Description
Blue Carbon Ecosystems store up to 50% of blue carbon despite only representing 0.5% of the ocean floor. These BCEs are also considered the three main actionable ecosystems for climate change mitigation because: 1) they store large amounts of carbon despite their small area, 2) this carbon can remain for 1000’s of years if the BCE is left intact, and 3) they are amenable to restoration or conservation actions that can increase or maintain their carbon stocks. Intact seagrass meadows, mangrove forests, and temperate salt marshes are tremendously important for climate change mitigation through the removal and storage of carbon in their biomass and soils. These ecosystems provide South Asian coastal communities with food, fiber, fuel, protection from tsunamis and cyclones, and are essential to marine and coastal biodiversity.

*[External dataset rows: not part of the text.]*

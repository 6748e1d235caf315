-- ===== src/Nodes.antt =====
-- shirita-core/src/models/definition.rs and prompt_node.rs: definitions and the nodes of a tree of
-- prompts that refer to them, with the order in which nodes are walked.
use shirita.Prelude.{
  Option, none, some, Bool, true, false, List, [], ◌∷◌, leb, if◌then◌else◌, ◌≡◌, refl, ◌⊎◌, inl,
  inr,
}
use shirita.Text.{Text, codes, text_eq}
use shirita.Json.{Value}
use shirita.Assoc.{Assoc, lookup}
use shirita.Tools.Random.{ℤ, pos, negsuc}

pub record Definition : Type 0 where
  pub id : Text
  pub def_type : Text
  pub name : Text
  pub content : Text
  pub meta : Value

pub data NodeKind : Type 0 where
  folder ref history content : NodeKind

unfoldable pub kind_str : NodeKind → Text
kind_str folder = codes "folder"
kind_str ref = codes "ref"
kind_str history = codes "history"
kind_str content = codes "content"

-- `NodeKind::from_db`; the error keeps the text.
unfoldable pub kind_from_db : Text → Text ⊎ NodeKind
kind_from_db s =
    if text_eq s (codes "folder")
    then inr folder
    else if text_eq s (codes "ref")
    then inr ref
    else if text_eq s (codes "history")
    then inr history
    else if text_eq s (codes "content")
    then inr content
    else inl s

pub data OwnerKind : Type 0 where
  template session pack : OwnerKind

unfoldable pub owner_str : OwnerKind → Text
owner_str template = codes "template"
owner_str session = codes "session"
owner_str pack = codes "pack"

unfoldable pub owner_from_db : Text → Text ⊎ OwnerKind
owner_from_db s =
    if text_eq s (codes "template")
    then inr template
    else if text_eq s (codes "session")
    then inr session
    else if text_eq s (codes "pack")
    then inr pack
    else inl s

pub record PromptNode : Type 0 where
  pub id : Text
  pub owner_kind : OwnerKind
  pub owner_id : Text
  pub parent_id : Option Text
  pub sort_order : ℤ
  pub kind : NodeKind
  pub tag : Option Text
  pub definition_id : Option Text
  pub enabled : Bool
  pub created_at : Text
  pub meta : Value

pub kind_from_db-kind_str : (k : NodeKind) → kind_from_db (kind_str k) ≡ inr k
unfolding kind_from_db kind_str text_eq
kind_from_db-kind_str folder = refl
kind_from_db-kind_str ref = refl
kind_from_db-kind_str history = refl
kind_from_db-kind_str content = refl

unfoldable pub int_le : ℤ → ℤ → Bool
int_le (pos m) (pos n) = leb m n
int_le (pos m) (negsuc n) = false
int_le (negsuc m) (pos n) = true
int_le (negsuc m) (negsuc n) = leb n m

-- A stable sort, as `sort_by_key` is.
unfoldable pub insert_node : PromptNode → List PromptNode → List PromptNode
insert_node n [] = n ∷ []
insert_node n (m ∷ ms) =
    let rest = insert_node n ms in if int_le n.sort_order m.sort_order then n ∷ m ∷ ms else m ∷ rest

-- `sort_by_key(|n| n.sort_order)`
unfoldable pub sort_nodes : List PromptNode → List PromptNode
sort_nodes [] = []
sort_nodes (n ∷ ns) = insert_node n (sort_nodes ns)

unfoldable pub is_ref : NodeKind → Bool
is_ref ref = true
is_ref folder = false
is_ref history = false
is_ref content = false

abbrev pub Definitions : Type 0
Definitions = Assoc Definition

abbrev lookup_some : Definitions → Option Text → Option Definition
lookup_some defs none = none
lookup_some defs (some id) = lookup id defs

-- The definition that a node refers to.
unfoldable pub definition_of : Definitions → PromptNode → Option Definition
definition_of defs n = lookup_some defs n.definition_id

unfoldable pub is_root : PromptNode → Bool
is_root n = elim n.parent_id [ none ↦ true | some _ ↦ false ]

unfoldable pub is_child_of : Text → PromptNode → Bool
is_child_of id n = elim n.parent_id [ none ↦ false | some p ↦ text_eq p id ]
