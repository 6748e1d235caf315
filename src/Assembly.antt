-- ===== src/Assembly.antt =====
-- shirita-core/src/assembly.rs: from the trees of prompts to the messages of a request. The segments
-- are assembled in Assembly/Plan, which entries take part is decided in Assembly/Activation.
pub mod Messages
pub mod Runs
pub mod Activation
pub mod Content
pub mod Plan
pub mod Rules
use shirita.Prelude.{Option, Bool, List}
use shirita.Text.{Text}
use shirita.Nodes.{Definition}

pub data Placement : Type 0 where
  before_history after_history : Placement

pub record PromptSegment : Type 0 where
  pub placement : Placement
  pub content : Text
  pub source : Text

pub record AssembledPlan : Type 0 where
  pub segments : List PromptSegment
  pub history_enabled : Bool
  pub regex_rules : List Definition
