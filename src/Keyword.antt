-- ===== src/Keyword.antt =====
-- shirita-core/src/keyword.rs: an index of keywords. What stands outside is a parameter: the numbers of
-- the patterns that the automaton finds in a text, lower case, and the order in which a set of ids is
-- listed.
pub mod Laws
use shirita.Prelude.{ℕ, zero, suc, List, [], ◌∷◌, ◌++◌, is_empty, if◌then◌else◌}
use shirita.Text.{Text, trim}

pub record Automaton : Type 0 where
  pub find_iter : List Text → Text → List ℕ
  pub to_lowercase : Text → Text
  pub set_order : List Text → List Text

-- The patterns with their owners, in the order of their numbers.
pub record KeywordIndex : Type 0 where
  pub patterns : List Text
  pub owners : List Text

abbrev pub Keywords : Type 0
Keywords = List (Text × List Text)

abbrev push_key : Text → Text → KeywordIndex → KeywordIndex
push_key id k index = record { patterns = k ∷ index.patterns; owners = id ∷ index.owners }

unfoldable pub add_key : Text → Text → KeywordIndex → KeywordIndex
add_key id k index = if is_empty k then index else push_key id k index

unfoldable pub add_keys : Automaton → Text → List Text → KeywordIndex → KeywordIndex
add_keys ac id [] index = index
add_keys ac id (k ∷ ks) index = add_key id (ac.to_lowercase (trim k)) (add_keys ac id ks index)

-- The loop over the entries, from its end, so that the patterns stand in the source's order.
unfoldable pub build : Automaton → Keywords → KeywordIndex
build ac [] = record { patterns = []; owners = [] }
build ac ((id, keys) ∷ rest) = add_keys ac id keys (build ac rest)

-- `owners[i]`, which the automaton asks for with the number of a pattern only.
unfoldable pub owner_at : ℕ → List Text → List Text
owner_at i [] = []
owner_at zero (o ∷ os) = o ∷ []
owner_at (suc i) (o ∷ os) = owner_at i os

unfoldable pub owners_of : List Text → List ℕ → List Text
owners_of owners [] = []
owners_of owners (i ∷ is) = owner_at i owners ++ owners_of owners is

-- The set that is returned, as the list of its ids in the order that it is gone through in. An id that
-- is found twice may stand in it twice, which `insert` does not see.
unfoldable pub scan : Automaton → KeywordIndex → Text → List Text
scan ac index body =
    if is_empty index.patterns
    then []
    else ac.set_order (owners_of index.owners (ac.find_iter index.patterns (ac.to_lowercase body)))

CIFOR-ICRAF works at the nexus of five interconnected areas where trees can make a difference: Biodiversity, Climate, Value chains, Food and Equity. Trees connect land and climate, farms and forests, economies and resilience, and people and planet. CIFOR-ICRAF connects science with action, creating solutions from the ground up through inclusive partnerships, transdisciplinary research, and demand-driven innovation. Since 2012, CIFOR-ICRAF and the USDA Forest Service (USFS), with support from the US Agency for International Development (USAID), have collaborated on the Sustainable Wetlands Adaptation and Mitigation Program (SWAMP). In 2023, USFS and CIFOR-ICRAF expanded their collaboration on BCEs through an ongoing mangrove monitoring program in India. This work will leverage the knowledge gained through the ongoing ecological monitoring research project conducted through the CIFOR-ICRAF and USFS SWAMP collaboration in the India, Palau, Cambodia, and other countries for expansion in Sir Lanka and the Maldives. CIFOR-ICRAF will serve as primary regional partner and will provide technical, programmatic, logistical, financial, and operational support of program activities in Maldives and Sri Lanka.